Ask any top winemaker and they will promise you that they take as much care over their basic wine as their grand cru. It is, after all, more affordable and there’s a lot more of it, so it is very much their calling card, and I suspect it’s more challenging to produce a great village blend year in year out than it is some lofty grand cru.  If you believe in the sanctity of terroir, well, you’d have to struggle to make a really bad Musigny…


And of course, these days any village wine bearing the hyphenated appendage of Musigny, Romanee or Chambertin is probably all that any mere mortal can afford, especially if it comes from one of the cult winemakers.


Chambolle-Musigny is a small village tucked under the hillside at the end of the combe (valley), and the main square such as it be houses a church and the 3 stars – de Vogue, the biggest and perhaps these days the less assured, with both fans and detractors (for the record when the village wine was still reasonably priced, I used to love it), and then slightly uphill and across the way the two megastars of the day – Christophe Roumier and Frederic Mugnier.

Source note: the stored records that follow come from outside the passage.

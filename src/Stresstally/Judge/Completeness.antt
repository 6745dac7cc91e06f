-- ===== src/Stresstally/Judge/Completeness.antt =====
-- How the statuses of a case's shards count those that are not complete.
use text.Mathlib.Text.{◌==◌ as str_eq}
use probatorium.Base.{
  ℕ, zero, suc, ◌+◌, if◌then◌else◌, ◌&&◌, Bool, true, List, [], ◌∷◌, ◌++◌, String, Option, none,
  some, ◌≡◌, ◌↔◌, refl, arith, count-append, sum, contains,
}
use probatorium.Stresstally.Judge.{
  Case, ShardLog, log_name, status_unparsed, status_missing, status_wrong_shape,
}
use probatorium.Stresstally.Judge.Shape.{check_shape, observation_reasons}
use probatorium.Stresstally.Judge.Shards.{
  ShardReport, State, judge_log, judge_shards, judge_arches, start, log_report, missing_report,
}
use probatorium.Stresstally.Judge.Problems.{with_status}
use probatorium.Stresstally.Judge.Tally.{sum-at_arch}
use probatorium.Stresstally.Judge.Complete.{
  status_flaw, status-flaw, keep_report-shards, IsComplete, flaw, flaw-IsComplete,
}

module _ (quote : String → String) (is_float : String → Bool) (c : Case)
    (celeris_sha : String) where
  flaws : String → List ShardReport → ℕ
  flaws a shards =
      with_status a status_unparsed shards
      + with_status a status_missing shards
      + with_status a status_wrong_shape shards

  flaws_start : (a : String) → flaws a [] ≡ 0
  unfolding flaws with_status
  flaws_start a = refl

  flaws-snoc :
      (a : String) (shards : List ShardReport) (sr : ShardReport)
      → flaws a (shards ++ sr ∷ [])
        ≡ flaws a shards + (if str_eq sr.arch a then status_flaw sr.status else 0)
  unfolding flaws with_status status_flaw
  flaws-snoc a shards sr =
      let u =
        count-append (λ s. str_eq s.arch a && str_eq s.status status_unparsed) shards (sr ∷ []) in
      let m =
        count-append (λ s. str_eq s.arch a && str_eq s.status status_missing) shards (sr ∷ []) in
      let w =
        count-append (λ s. str_eq s.arch a && str_eq s.status status_wrong_shape) shards
          (sr ∷ []) in
      ground (arith, u, m, w)

  flaws-judge_log :
      (a arch : String) (shard : ℕ) (log : Option ShardLog) (st : State)
      → flaws a (judge_log quote is_float c celeris_sha arch shard log st).shards
        ≡ flaws a st.shards
          + (if str_eq arch a then flaw quote is_float c celeris_sha arch shard log else 0)
  unfolding judge_log log_report missing_report status_flaw
  flaws-judge_log a arch shard none st =
      flaws-snoc a st.shards (missing_report arch shard (log_name c.name arch shard))
  flaws-judge_log a arch shard (some sl) st =
      let obs = observation_reasons is_float c sl in
      let shape = check_shape quote sl.header c arch shard celeris_sha in
      let sr = log_report arch shard (log_name c.name arch shard) sl obs shape in
      rw (keep_report-shards sr sl st)
        (rw (flaws-snoc a st.shards sr) (rw (status-flaw sl obs shape) refl))

  module _ (logs : String → Option ShardLog) where
    log_of : String → ℕ → Option ShardLog
    log_of arch shard = logs (log_name c.name arch shard)

    flaws_of : String → ℕ → ℕ
    unfolding log_of
    flaws_of arch zero = 0
    flaws_of arch (suc n) =
        flaw quote is_float c celeris_sha arch (suc n) (log_of arch (suc n)) + flaws_of arch n

    -- Each of the first `n` shards of an arch is complete.
    abbrev pub AllComplete : String → ℕ → Type 0
    AllComplete arch zero = Unit
    AllComplete arch (suc n) =
        IsComplete quote is_float c celeris_sha arch (suc n) (logs (log_name c.name arch (suc n)))
        × AllComplete arch n

    flaws_of-AllComplete : (arch : String) (n : ℕ) → (flaws_of arch n ≡ 0) ↔ AllComplete arch n
    unfolding flaws_of
    flaws_of-AllComplete arch zero = (λ h. tt, λ h. refl)
    flaws_of-AllComplete arch (suc n) =
        let (to, from) =
          flaw-IsComplete quote is_float c celeris_sha arch (suc n) (log_of arch (suc n)) in
        let (tos, froms) = flaws_of-AllComplete arch n in
        (
          λ h. (to (omega arith), tos (omega arith)),
          λ h. let a = from h.0 in let b = froms h.1 in omega (arith, a, b),
        )

    flaws-judge_shards :
        (a arch : String) (n : ℕ) (st : State)
        → flaws a (judge_shards quote is_float logs c celeris_sha arch n st).shards
          ≡ flaws a st.shards + (if str_eq arch a then flaws_of arch n else 0)
    unfolding judge_shards flaws_of
    flaws-judge_shards a arch zero st = ground arith
    flaws-judge_shards a arch (suc n) st =
        let done = judge_shards quote is_float logs c celeris_sha arch n st in
        let k = flaws-judge_log a arch (suc n) (log_of arch (suc n)) done in
        let ih = flaws-judge_shards a arch n st in ground (arith, k, ih)

    flaws-judge_arches :
        (a : String) (arches : List String) (st : State)
        → flaws a (judge_arches quote is_float logs c celeris_sha arches st).shards
          ≡ flaws a st.shards + sum (λ y. if str_eq y a then flaws_of y c.shards else 0) arches
    unfolding judge_arches
    flaws-judge_arches a [] st = omega arith
    flaws-judge_arches a (y ∷ ys) st =
        let done = judge_shards quote is_float logs c celeris_sha y c.shards st in
        omega (arith, flaws-judge_arches a ys done, flaws-judge_shards a y c.shards st)

    -- On an arch of the case no shard is counted as incomplete just where all are complete.
    pub statuses-AllComplete :
        (a : String)
        → contains a c.arches ≡ true
        → let shards = (judge_arches quote is_float logs c celeris_sha c.arches start).shards in
          ((with_status a status_unparsed shards ≡ 0)
            × (with_status a status_missing shards ≡ 0)
            × (with_status a status_wrong_shape shards ≡ 0))
          ↔ AllComplete a c.shards
    unfolding flaws
    statuses-AllComplete a m =
        let k = flaws-judge_arches a c.arches start in
        let none = flaws_start a in
        let (to, from) = flaws_of-AllComplete a c.shards in
        let (one, all) = sum-at_arch (λ y. flaws_of y c.shards) a c.arches m in
        (
          λ h. to (one (omega (arith, k, none, h.0, h.1, h.2))),
          λ h.
              let z = all (from h) in
              (omega (arith, k, none, z), omega (arith, k, none, z), omega (arith, k, none, z)),
        )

I have drunk quite a few of their ‘other wines’ meaning the 1e cru Clos de la Marechale in Nuits for Mugnier and Clos de la Bussiere in Morey for Roumier, and, yes they are very good, but no, they are not Chambolle and don’t taste like it. Sadly, they now carry too much of the price tag for wanabee drinkers too, but I’m not sure that the Chambolle stardust rubs off that much on much lesser terroirs.


So a chance to taste the two real Chambolles, all be they ‘only’ the village level, is a treat.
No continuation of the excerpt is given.